Forgot to mention that they are 2613


----------



## mrb1982 (Feb 16, 2009)

I shoot the same arrows with 2512's at 31" with 180 grain tips. Fly great. Speed is not an issue so it just kind of depends on your setup. Good luck.


----------



## YuenglingMan (Apr 26, 2005)

yep, i am in no way concerned about speed @ 20 yrds, consistancy is the name of the game. just looking for some other posible ideas on tip weights and maybe different flitchings (vanes vs. feathers, short vs. long etc) and stuff like that.


----------



## mrb1982 (Feb 16, 2009)

Bowtecher said:


> yep, i am in no way concerned about speed @ 20 yrds, consistancy is the name of the game. just looking for some other posible ideas on tip weights and maybe different flitchings (vanes vs. feathers, short vs. long etc) and stuff like that.


We leave the arrows pretty much at full lenth when we do them. I have vanes on my arrows, and I love how they fly. The guy who does my arrows has recommended lately going to longer feathers because he thinks they fly even better. Otherwise you pretty much shoot the same as the rest of us. We ust the super nocks on ours too and they seem to work pretty well. Have you had good results with that heavy of a tip in your arrows?


----------



## YuenglingMan (Apr 26, 2005)

so far yes. used a similar set up a couple years ago using feathers and it worked really well. am currently using 1.5" duravane's and they fly ok, but think that'll be changing back to feathers or at least long vanes in the future.
how did you get your weight in the tip? i tapped the back side of the insert and have a 125 field point on each end of the insert (one inside and one outside) for the approximate of 260. want to go to bullet points, but not sure how to get 250-300 grains! any ideas?


----------



## Stealthman (Mar 16, 2003)

I have a 27in draw length and shoot my Apex at 45lbs,I shoot 500 fatboys cut to 30in with 150gr points!
Iv shot four 300s this week in practice with my two highest x counts of 53 and 54x with the fatboys.
Iv tried shooting GT 30x arrows full length with 300gr points and they just dont fly as well for me as the fatboys do.
The best I have shot with the 30x arrows is a 298 with 42x count,bigger is not always better!


----------



## mrb1982 (Feb 16, 2009)

Stealthman said:


> I have a 27in draw length and shoot my Apex at 45lbs,I shoot 500 fatboys cut to 30in with 150gr points!
> Iv shot four 300s this week in practice with my two highest x counts of 53 and 54x with the fatboys.
> Iv tried shooting GT 30x arrows full length with 300gr points and they just dont fly as well for me as the fatboys do.
> The best I have shot with the 30x arrows is a 298 with 42x count,bigger is not always better!


I haven't heard a lot of good things about the GT's.
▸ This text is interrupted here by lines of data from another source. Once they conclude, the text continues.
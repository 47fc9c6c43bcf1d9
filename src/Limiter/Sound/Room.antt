-- ===== src/Limiter/Sound/Room.antt =====
-- `ensureCapacity`: what it evicts, and how much room there is afterwards.
use gu_gu_manager.Base.{
  ℕ, zero, suc, ◌+◌, ◌≡◌, refl, String, true, false, none, some, List, [], ◌∷◌, arith, length, take,
  All, All-map, is_some, str_eq, eq_iff, contains,
}
use gu_gu_manager.Base.Maps.{Assoc, lookup, remove, IsDistinct, lookup-remove}
use gu_gu_manager.Limiter.State.{AttemptState}
use gu_gu_manager.Limiter.Reserve.{
  Candidate, missing, candidate_at, candidates, insert_candidate, sort_candidates,
}

-- The attempts in flight for a key; a key with no entry has none.
unfoldable pub in_flight_of : String → Assoc AttemptState → ℕ
in_flight_of key m = elim (lookup key m) [ none ↦ 0 | some s ↦ s.in_flight ]

pub record IsEvictable (requested : List String) (m : Assoc AttemptState) (c : Candidate)
    : Type 0 where
  pub present : is_some (lookup c.key m) ≡ true
  pub unrequested : contains c.key requested ≡ false
  pub resting : in_flight_of c.key m ≡ 0

abbrev IsFresh : Candidate → List Candidate → Type 0
IsFresh c = All (λ d. str_eq c.key d.key ≡ false)

abbrev pub AreDistinct : List Candidate → Type 0
AreDistinct [] = Unit {0}
AreDistinct (c ∷ cs) = IsFresh c cs × AreDistinct cs

module _ (requested : List String) where
  IsEvictable-beside :
      (k : String) (s : AttemptState) (m : Assoc AttemptState)
      → lookup k m ≡ none
      → (c : Candidate) → IsEvictable requested m c
      → IsEvictable requested ((k, s) ∷ m) c
  unfolding lookup in_flight_of
  IsEvictable-beside k s m fresh c e =
      ground (arith, eq_iff k c.key, e.present, e.unrequested, e.resting)

  pub candidates-IsEvictable :
      (m : Assoc AttemptState)
      → IsDistinct m
      → All (IsEvictable requested m) (candidates requested m)
  unfolding candidates lookup in_flight_of
  candidates-IsEvictable [] d = tt
  candidates-IsEvictable ((k, s) ∷ m) d =
      let rest =
        All-map (IsEvictable requested m) (IsEvictable requested ((k, s) ∷ m))
          (candidates requested m) (IsEvictable-beside k s m d.0) (candidates-IsEvictable m d.1) in
      ground (arith, rest, eq_iff k k)

  candidates-IsFresh :
      (c : Candidate) (m : Assoc AttemptState)
      → lookup c.key m ≡ none
      → IsFresh c (candidates requested m)
  unfolding candidates lookup
  candidates-IsFresh c [] h = tt
  candidates-IsFresh c ((k, s) ∷ m) h =
      ground (arith, candidates-IsFresh c m, eq_iff k c.key, eq_iff c.key k)

  pub candidates-AreDistinct :
      (m : Assoc AttemptState) → IsDistinct m → AreDistinct (candidates requested m)
  unfolding candidates
  candidates-AreDistinct [] d = tt
  candidates-AreDistinct ((k, s) ∷ m) d = ground (
    arith,
    candidates-AreDistinct m d.1,
    candidates-IsFresh (record { key = k; at = candidate_at s }) m d.0,
  )

module _ {ℓ} (P : Candidate → Type ℓ) where
  insert_candidate-All :
      (c : Candidate) (cs : List Candidate) → P c → All P cs → All P (insert_candidate c cs)
  unfolding insert_candidate
  insert_candidate-All c [] p h = (p, tt)
  insert_candidate-All c (d ∷ ds) p h = ground (arith, insert_candidate-All c ds p h.1)

  pub sort_candidates-All : (cs : List Candidate) → All P cs → All P (sort_candidates cs)
  unfolding sort_candidates
  sort_candidates-All [] h = tt
  sort_candidates-All (c ∷ cs) h =
      insert_candidate-All c (sort_candidates cs) h.0 (sort_candidates-All cs h.1)

  pub take-All : (n : ℕ) (cs : List Candidate) → All P cs → All P (take n cs)
  take-All zero cs h = tt
  take-All (suc n) [] h = tt
  take-All (suc n) (c ∷ cs) h = (h.0, take-All n cs h.1)

str_eq_sym : (s t : String) → str_eq s t ≡ false → str_eq t s ≡ false
str_eq_sym s t h = ground (arith, eq_iff s t, eq_iff t s)

insert_candidate-AreDistinct :
    (c : Candidate) (cs : List Candidate)
    → IsFresh c cs
    → AreDistinct cs
    → AreDistinct (insert_candidate c cs)
unfolding insert_candidate
insert_candidate-AreDistinct c [] f d = (tt, tt)
insert_candidate-AreDistinct c (x ∷ xs) f d = ground (
  arith,
  insert_candidate-AreDistinct c xs f.1 d.1,
  insert_candidate-All (λ y. str_eq x.key y.key ≡ false) c xs (str_eq_sym c.key x.key f.0) d.0,
)

pub sort_candidates-AreDistinct :
    (cs : List Candidate) → AreDistinct cs → AreDistinct (sort_candidates cs)
unfolding sort_candidates
sort_candidates-AreDistinct [] d = tt
sort_candidates-AreDistinct (c ∷ cs) d =
    insert_candidate-AreDistinct c (sort_candidates cs) (sort_candidates-All _ cs d.0)
      (sort_candidates-AreDistinct cs d.1)

pub take-AreDistinct : (n : ℕ) (cs : List Candidate) → AreDistinct cs → AreDistinct (take n cs)
take-AreDistinct zero cs d = tt
take-AreDistinct (suc n) [] d = tt
take-AreDistinct (suc n) (c ∷ cs) d = (take-All _ n cs d.0, take-AreDistinct n cs d.1)

length-insert_candidate :
    (c : Candidate) (cs : List Candidate) → length (insert_candidate c cs) ≡ length cs + 1
unfolding insert_candidate
length-insert_candidate c [] = omega arith
length-insert_candidate c (d ∷ ds) = ground (arith, length-insert_candidate c ds)

pub length-sort_candidates : (cs : List Candidate) → length (sort_candidates cs) ≡ length cs
unfolding sort_candidates
length-sort_candidates [] = refl
length-sort_candidates (c ∷ cs) =
    omega (arith, length-insert_candidate c (sort_candidates cs), length-sort_candidates cs)

module _ (requested : List String) where
  pub missing-remove :
      (key : String) (m : Assoc AttemptState) (keys : List String)
      → contains key keys ≡ false
      → missing keys (remove key m) ≡ missing keys m
  unfolding missing contains
  missing-remove key m [] h = refl
  missing-remove key m (k ∷ ks) h =
      ground (arith, missing-remove key m ks, lookup-remove key k m, eq_iff k key, eq_iff key k)

  pub in_flight_of-remove :
      (key j : String) (m : Assoc AttemptState)
      → in_flight_of key m ≡ 0
      → in_flight_of j (remove key m) ≡ in_flight_of j m
  unfolding in_flight_of
  in_flight_of-remove key j m h = ground (arith, lookup-remove key j m, eq_iff key j)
It is hard to find a good set that are truly matched to grain weight. The best we have found is the Eclipse's. As far as how to get 200-300 grain bullet points is to cross your fingers.:wink: I think you would probably be better off to just go to a lighter bullet point and make sure the grains are matched better rather than trying to build points to 200 or 300


----------



## YuenglingMan (Apr 26, 2005)

mrb1982 said:


> I shoot the same arrows with 2512's at 31" with 180 grain tips. Fly great. Speed is not an issue so it just kind of depends on your setup. Good luck.


how or what style tips did you use to get 180? heaviest i've found was like 120?


----------



## mrb1982 (Feb 16, 2009)

YuenglingMan said:


> how or what style tips did you use to get 180? heaviest i've found was like 120?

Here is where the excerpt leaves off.